Cependant, ces précieuses ressources sont de plus en plus dégradées de façon alarmante, par le fait des actions de l’homme. Parce que depuis longtemps maintenant, nous exploitons et détruisons l’écosystème de la planète. Et selon le groupe international des experts placé sous l’égide du programme des nations unies pour l’environnement, toutes les 3 secondes, le monde perd suffisamment de forêts équivalentes à la dimension d’un terrain de football. Et la moitié des zones y sont aussi détruites provoquant ainsi des impacts qui agissent négativement sur le climat. Depuis longtemps, le climat de la planète connait des frustrations, mais depuis l’industrialisation, la composition de l’atmosphère s’est modifiée en raison de l’émission des gaz à effet de serre. Et ces réchauffements causés par des activités humaines accentuent l’effet de serre naturel et entrainent des changements sensibles du climat. Des pertes d’écosystèmes privent également le monde de puits de Carbonne que constituent les forêts. En conséquence, les effets mondiaux de gaz à effet de serre ont aussi augmenté pendant ces dernières années consécutives et la planète est en phase de subir aujourd’hui un changement climatique potentiellement catastrophique.

L’émergence de la Covid-19 a également montré à quel point les conséquences de la perte des ressources forestières peuvent être désastreuses pour les humains. En réduisant les superficies des forêts, nous les humains nous avons créé des conditions idéales pour la propagation des agents pathogènes dont le Corona virus. Vous remarquerez que dans les temps précédents, on avait en gros une pandémie par siècle. C’est à dire chaque cent (100) ans l’humanité connaissait une pandémie. Par exemple au 19 siècle, il y a eu une pandémie du cholera en 1830, en 1850 et en 1880. Donc pendant tout le 19ème siècle la pandémie que le monde a connue c’est la pandémie du choléra.

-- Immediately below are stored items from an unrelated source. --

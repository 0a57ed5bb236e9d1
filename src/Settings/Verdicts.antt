-- ===== src/Settings/Verdicts.antt =====
-- Which settings pgop sets on a writer's behalf.
use pgop.Prelude.{
  true, false, ◌≡◌, ◌↔◌, ◌⊎◌, refl, arith, ◌==◌, nat_eq, contains, Option, none, some, Result, ok,
  err, inl, inr, ==-refl, eq_of_==,
}
use pgop.Text.{Text, text_eq}
use pgop.Text.Strings.{cut}
use pgop.Grants.Engine.{CallError}
use pgop.Policy.Roles.{Policy, denied_setting_prefixes, allows_setting_prefix}
use pgop.Sql.Privileges.{denied_parameter}
use pgop.Settings.{Contexts, context_user, custom_allowed, context_allowed, setting_allowed}

-- A parameter that the server does not know: without a dot it is left to the server to refuse, with
-- one its namespace must be listed in the policy and not be a denied one.
pub data IsCustom (policy : Policy) : Option (Text × Text) → Type 0 where
  plain : IsCustom policy none
  listed :
      (prefix rest : Text)
      → contains denied_setting_prefixes prefix ≡ false
      → allows_setting_prefix policy prefix ≡ true
      → IsCustom policy (some (prefix, rest))

custom_allowed_iff :
    (policy : Policy) (o : Option (Text × Text))
    → (custom_allowed policy o ≡ none) ↔ IsCustom policy o
unfolding custom_allowed
custom_allowed_iff policy none = ((λ h. plain), (λ c. refl))
custom_allowed_iff policy (some (prefix, rest)) =
    ((λ h. listed prefix rest (ground arith) (ground arith)), (λ c. back c))
  where
    back :
        IsCustom policy (some (prefix, rest)) → custom_allowed policy (some (prefix, rest)) ≡ none
    back (listed _ _ d a) = ground (arith, d, a)

-- A parameter may be set exactly when it is not on the denylist and the server either knows it with
-- context user, or does not know it and it has no namespace or a listed one that is not denied.
pub setting_allowed_iff :
    (contexts : Contexts) (policy : Policy) (name : Text)
    → (setting_allowed contexts policy name ≡ ok none) ↔ (
        (denied_parameter name ≡ false)
        × ((contexts name ≡ ok (some context_user))
            ⊎ ((contexts name ≡ ok none) × IsCustom policy (cut name b'.'))))
unfolding setting_allowed context_allowed
setting_allowed_iff contexts policy name = (there (contexts name) refl, (λ c. back c))
  where
    there :
        (answer : Result CallError (Option Text))
        → contexts name ≡ answer
        → setting_allowed contexts policy name ≡ ok none
        → (denied_parameter name ≡ false)
          × ((contexts name ≡ ok (some context_user))
              ⊎ ((contexts name ≡ ok none) × IsCustom policy (cut name b'.')))
    there (err e) f h = ground (arith, f, h)
    there (ok none) f h =
        let clear : denied_parameter name ≡ false = ground (arith, f, h) in
        let custom : custom_allowed policy (cut name b'.') ≡ none = ground (arith, f, h, clear) in
        (clear, inr (f, (custom_allowed_iff policy (cut name b'.')).0 custom))
    there (ok (some context)) f h =
        let clear : denied_parameter name ≡ false = ground (arith, f, h) in
        let user : (context == context_user) ≡ true = ground (arith, f, h, clear) in
        (clear, inl (ground (arith, f, eq_of_== context context_user user)))

    back :
        (denied_parameter name ≡ false)
          × ((contexts name ≡ ok (some context_user))
              ⊎ ((contexts name ≡ ok none) × IsCustom policy (cut name b'.')))
        → setting_allowed contexts policy name ≡ ok none
    back (clear, inl f) = ground (arith, clear, f, ==-refl context_user)
    back (clear, inr (f, c)) =
        ground (arith, clear, f, (custom_allowed_iff policy (cut name b'.')).1 c)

Donc une seule pandémie.

Le 20ème siècle a démarré en 1918 avec la grippe espagnole et le siècle s’est achevé dans les années 80 avec la pandémie du Sida qui dure encore. Mais dans tous les cas, les deux tiers  du 20ème siècle ont été dominé justement par cette grippe espagnole. C’est vers la fin du siècle qu’on a connu la pandémie du Sida. Donc pratiquement on peut résumer qu’on n’a pas connu assez de pandémie encore dans le 20ème siècle.

Mais au 21ème siècle, le siècle que nous vivons actuellement, en 21 ans seulement on a connu 6 pandémies : En 2003, il y a eu le Strass qui est venu de Chine qui fut le premier corona virus ; En 2009, il y a eu la grippe H1N1 ; En 2012, il y a eu le Mescov un autre corona virus qui avait commencé en moyen orient ; En 2013, il y a eu la fièvre hémorragique à virus Ebola qui était connu en Afrique centrale mais qui s’est transporté en Afrique de l’ouest ; En 2015, il y eu la fièvre hémorragique Gika, et aujourd’hui la sixième pandémie est la Covid-19 qui a démarré en 2020 et qui perdure encore.

A ce niveau, il est important de poser la question de savoir pourquoi une telle accélération. Donc il faut dire que l’émergence de ces maladies nouvelles est à la fois en lien direct et étroit avec la perte des forêts, des écosystèmes et la biodiversité.

Et à l’Etat naturel, les animaux sauvages sont en équilibre avec les virus, les bactéries et l’ensemble des microbes dont ils sont porteurs. Donc plus la biodiversité est riche moins ces virus se rependent. Cependant, dans le monde contemporain, on perturbe totalement cet équilibre. Tout simplement parce que la modernisation des sociétés et la recherche du profit conduisent à déforester pour aménager des routes, construire des  villes, développer l’agriculture intensive ou l’élevage de masse, prélever les minerais précieux. Ainsi de la sorte, on multiplie les points de contact entre les hommes et la faune sauvage réservoir des virus qui génèrent ces maladies nouvelles.

La menace est réelle parce que les experts ont montré qu’il existe encore un million sept cent mille (1.700.000) virus encore non découverts chez les mammifères et chez les oiseaux parmi lesquels il y a six cent mille (600.000) à huit cent mille (800.000) virus qui sont capables d’infecter encore l’être humain. Donc les forêts sont le socle de toute une vie sur terre. Protéger les forêts, les écosystèmes, la biodiversité, c’est protéger la planète et ses habitants », a-t-il lancé.